The present study identified that basketball training sessions elicit a similar accelerometry-derived exercise dose and proportion of time in each relative exercise intensity zone between front-court and back-court playing positions. This finding corroborates previous research, which found that movement demands during basketball training, assessed via time-motion analyses, were largely similar between playing positions [
29]. Conversely, these findings are in direct contrast to the positional differences observed via time-motion analyses and physiological responses during basketball match-play [
2,
6,
9,
12]. Furthermore, recent evidence identified that these positional differences extend to accelerometry-derived relative exercise intensities during basketball match-play [
7], suggesting that exercise dose and proportion of time in each exercise intensity zone during training is not always reflective of match-play. Similar exercise dose and intensity between playing positions during training sessions indicates that the individual positional demands of match-play are not replicated during training sessions. This might be due to logistical factors, such as a lack of time, space, and resources, which can make it difficult for coaches to individualise training for team sports. As such, during team training sessions, all players are often prescribed the same training drills. For this study, no feedback regarding players’ exercise dose or proportion of time in each intensity zone was provided to the coach, thus the exercise dose received is based solely upon the coach’s exercise prescription and the exercise completed by players. Therefore, it is possible that providing objective feedback of the exercise dose received by players and proportion of time in each intensity zone could assist coaching staff to calibrate exercise prescriptions and better replicate the exercise dose from match-play.

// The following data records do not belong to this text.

-- ===== src/TamperEvident/Forgery.antt =====
-- What it takes to change a signed log unseen.
use Prim.Native.String.{◌++◌ as ◌<>◌, count}
use Prim.Native.String.append.{nil, cons}
use Prim.Native.String.count.{nil as count-nil, cons as count-cons}
use Prim.Native.Char.{Char}
use mathlib.Core.Logic.{◌⊎◌, inl, inr}
use mathlib.Core.Path.{subst}
use logquill_python.Base.{
  ℕ, ◌+◌, String, string_eq, true, false, Option, none, some, List, [], ◌∷◌, ◌≡◌, refl, ap, ◌∙◌,
  sym, arith, ◌==◌, Result, ok, raise, ◌>>=◌, Bool-cases, ◌≢◌, ◌++◌, contains, beq_self,
  string_discrete, false≢true,
}
use logquill_python.Dict.{get}
use logquill_python.Value.{Value, str, dict, Meta, entries, value_eq, present}
use logquill_python.TamperEvident.{
  Found, meta_of, or_null, content_of, hash_input, compute_hash, check_record, check_stored,
  check_content, verify_from, VerificationResult,
}

first : String → Char → Char
first String.[] d = d
first (String.◌∷◌ c s) d = c

rest : String → String
rest String.[] = ""
rest (String.◌∷◌ c s) = s

-- Texts with prefixes of one length are equal in both parts.
append_inj : (p q s t : String) → count p ≡ count q → p <> s ≡ q <> t → (p ≡ q) × (s ≡ t)
append_inj String.[] String.[] s t n e = (refl, sym (nil s) ∙ e ∙ nil t)
append_inj String.[] (String.◌∷◌ d q) s t n e = absurd (omega (arith, count-nil, count-cons d q, n))
append_inj (String.◌∷◌ c p) String.[] s t n e = absurd (omega (arith, count-nil, count-cons c p, n))
append_inj (String.◌∷◌ c p) (String.◌∷◌ d q) s t n e =
    let opened = sym (cons c p s) ∙ e ∙ cons d q t in
    let (same, left) =
      append_inj p q s t (omega (arith, n, count-cons c p, count-cons d q))
        (unfold rest in ap rest opened) in
    let head : c ≡ d = unfold first in ap (λ u. first u c) opened in (cc (head, same), left)

-- `record["meta"]`, if it is a dict
abbrev pub meta_entries : Option Value → Meta
meta_entries (some (dict d)) = entries d
meta_entries _ = []

module _ (dumps : Meta → String) (sha256 : String → String) (genesis : String) where
  -- what the hash of a record covers
  abbrev pub payload : Meta → String
  payload r = dumps (content_of r (meta_entries (get r "meta")))

  -- the payloads of a log, the last record first, before `acc`
  abbrev pub payloads : List String → List Meta → List String
  payloads acc [] = acc
  payloads acc (r ∷ records) = payloads (payload r ∷ acc) records

  -- the head of a chain over these payloads, the last one first
  abbrev pub head_after : List String → String
  head_after [] = genesis
  head_after (p ∷ ps) = sha256 (head_after ps <> p)

  -- the texts that are hashed for the chain over these payloads
  abbrev pub inputs : List String → List String
  inputs [] = []
  inputs (p ∷ ps) = (head_after ps <> p) ∷ inputs ps

  -- An attack on the hash with the texts of two logs: one of each log that differ and have one hash,
  -- or one whose hash is the first `prev_hash`.
  pub data Attack (ps qs : List String) : Type 0 where
    collision :
        (s t : String)
        → contains (inputs ps) s ≡ true
        → contains (inputs qs) t ≡ true
        → s ≢ t
        → sha256 s ≡ sha256 t
        → Attack ps qs
    preimage :
        (s : String)
        → contains (inputs ps ++ inputs qs) s ≡ true
        → sha256 s ≡ genesis
        → Attack ps qs

  found_first : (s : String) (l : List String) → contains (s ∷ l) s ≡ true
  found_first s l = ground (arith, beq_self s)

  found_later : (s t : String) (l : List String) → contains l s ≡ true → contains (t ∷ l) s ≡ true
  found_later s t l h = ground (arith, h)

  found_in :
      (s t : String) (l m : List String)
      → contains (l ++ m) s ≡ true
      → contains (l ++ t ∷ m) s ≡ true
  found_in s t [] m h = found_later s t m h
  found_in s t (u ∷ l) m h = elim (Bool-cases (u == s)) [
    | inl here ↦ rw here refl
    | inr there ↦ rw there (found_in s t l m (sym (rw there refl) ∙ h))
  ]

  later : (p q : String) (ps qs : List String) → Attack ps qs → Attack (p ∷ ps) (q ∷ qs)
  later p q ps qs (collision s t a b other e) =
      collision s t (found_later s _ (inputs ps) a) (found_later t _ (inputs qs) b) other e
  later p q ps qs (preimage s a e) =
      preimage s
        (found_later s _ (inputs ps ++ _ ∷ inputs qs)
          (found_in s (head_after qs <> q) (inputs ps) (inputs qs) a))
        e

  module _ (fixed_length : (s : String) → count (sha256 s) ≡ count genesis) where
    count-head_after : (ps : List String) → count (head_after ps) ≡ count genesis
    count-head_after [] = refl
    count-head_after (p ∷ ps) = fixed_length (head_after ps <> p)

    pub heads-agree :
        (ps qs : List String) → head_after ps ≡ head_after qs → (ps ≡ qs) ⊎ Attack ps qs
    heads-agree [] [] e = inl refl
    heads-agree [] (q ∷ qs) e =
        inr (preimage (head_after qs <> q) (found_first (head_after qs <> q) (inputs qs)) (sym e))
    heads-agree (p ∷ ps) [] e =
        inr (preimage (head_after ps <> p) (found_first (head_after ps <> p) (inputs ps ++ [])) e)
    heads-agree (p ∷ ps) (q ∷ qs) e =
        elim (string_discrete (head_after ps <> p) (head_after qs <> q)) [
          | no other ↦ inr (
              collision (head_after ps <> p) (head_after qs <> q)
                (found_first (head_after ps <> p) (inputs ps))
                (found_first (head_after qs <> q) (inputs qs)) other e)
          | yes same ↦
              let (before, last) =
                append_inj (head_after ps) (head_after qs) p q
                  (count-head_after ps ∙ sym (count-head_after qs)) same in
              elim (heads-agree ps qs before) [
                | inl all ↦ inl (cc (all, last))
                | inr attack ↦ inr (later p q ps qs attack)
              ]
        ]

-- The result of a chain that is intact.
module _ (dumps : Meta → String) (sha256 : String → String) (genesis : String) where
  -- The hash that a record hands on is that of its payload.
  abbrev pub Intact : List String → Result VerificationResult → Type 0
  Intact ps (raise e) = Unit
  Intact ps (ok v) = v.is_ok ≡ true → v.head_hash ≡ some (str (head_after dumps sha256 genesis ps))

  -- What the check of one record finds: the hash of the record's payload, or a break.
  Finds : String → Meta → Result (Found dumps sha256) → Type 0
  Finds prev r (raise e) = Unit
  Finds prev r (ok (inl digest)) = digest ≡ sha256 (prev <> payload dumps sha256 genesis r)
  Finds prev r (ok (inr v)) = v.is_ok ≡ false

  module _ (r : Meta) (prev : String) (checked : ℕ) where
    content-Finds :
        (meta : Meta) (stored : Value)
        → meta ≡ meta_entries (get r "meta")
        → Finds prev r (ok (check_content dumps sha256 r meta prev checked stored))
    unfolding Finds check_content compute_hash hash_input
    content-Finds meta stored e =
        let digest = compute_hash dumps sha256 r meta prev in
        elim (Bool-cases (str digest == stored)) [
          | inl same ↦ rw same (ap (λ m. sha256 (prev <> dumps (content_of r m))) e)
          | inr other ↦ rw other refl
        ]

    stored-Finds :
        (meta : Meta) (o : Option Value)
        → meta ≡ meta_entries (get r "meta")
        → Finds prev r (ok (check_stored dumps sha256 r meta prev checked o))
    unfolding Finds check_stored
    stored-Finds meta none e = refl
    stored-Finds meta (some stored) e =
        elim (Bool-cases (or_null (get meta "prev_hash") == str prev)) [
          | inl same ↦ rw same (content-Finds meta stored e)
          | inr other ↦ rw other refl
        ]

    record-Finds :
        (o : Option Value)
        → get r "meta" ≡ o
        → Finds prev r (
            meta_of o >>= λ meta.
            ok (check_stored dumps sha256 r meta prev checked (present (get meta "hash"))))
    unfolding Finds
    record-Finds none e = stored-Finds [] (present (get [] "hash")) (sym (ap meta_entries e))
    record-Finds (some (dict d)) e =
        stored-Finds (entries d) (present (get (entries d) "hash")) (sym (ap meta_entries e))
    record-Finds (some _) e = tt

  next-Intact :
      (ps : List String) (r : Meta) (records : List Meta) (checked : ℕ)
      (f : Result (Found dumps sha256))
      → Finds (head_after dumps sha256 genesis ps) r f
      → Intact (payloads dumps sha256 genesis ps (r ∷ records)) (
          verify_from dumps sha256
            (head_after dumps sha256 genesis (payload dumps sha256 genesis r ∷ ps))
            (checked + 1)
            records)
      → Intact (payloads dumps sha256 genesis ps (r ∷ records)) (
          f >>= λ found. elim found [
            | inl digest ↦ verify_from dumps sha256 digest (checked + 1) records
            | inr result ↦ ok result
          ])
  unfolding Finds
  next-Intact ps r records checked (raise e) found ih = tt
  next-Intact ps r records checked (ok (inl digest)) found ih =
      subst
        (λ d.
          Intact (payloads dumps sha256 genesis ps (r ∷ records))
            (verify_from dumps sha256 d (checked + 1) records))
        (sym found) ih
  next-Intact ps r records checked (ok (inr v)) found ih = λ h. absurd (false≢true (sym found ∙ h))

  pub verify_from-Intact :
      (ps : List String) (records : List Meta) (checked : ℕ)
      → Intact
          (payloads dumps sha256 genesis ps records)
          (verify_from dumps sha256 (head_after dumps sha256 genesis ps) checked records)
  unfolding verify_from check_record
  verify_from-Intact ps [] checked = λ h. refl
  verify_from-Intact ps (r ∷ records) checked =
      next-Intact ps r records checked
        (check_record dumps sha256 r (head_after dumps sha256 genesis ps) (checked + 1))
        (record-Finds r (head_after dumps sha256 genesis ps) (checked + 1) (get r "meta") refl)
        (verify_from-Intact (payload dumps sha256 genesis r ∷ ps) records (checked + 1))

Both the exercise dose received by athletes and proportion of time in each intensity zone remained largely similar across the course of the season, despite variability in the difficulty of match schedule. Nevertheless, exercise dose varied between training sessions (i.e., Session 1, Session 2, Session 3) during the easy and medium match schedules. Increased exercise dose during Session 2 during the easy and moderate match schedules might be the coach’s attempt to compensate for the reduced exercise dose during the recovery session (Session 1) and pre-match tapering (Session 3). On the other hand, exercise dose did not vary between training sessions during the hard match schedule. These findings corroborate previous research from professional men’s basketball, which identified that exercise dose is related to the competition schedule [
1]. Specifically, subjectively measured exercise dose (rating of perceived exertion × duration) from training sessions was also lower both pre- and post-match [
1]. It is well-established that tapering can assist in improving competition performance [
37]; however, future research should assess the most effective tapering strategy for the unique demands of basketball competition that often involve one or two competitive matches every week.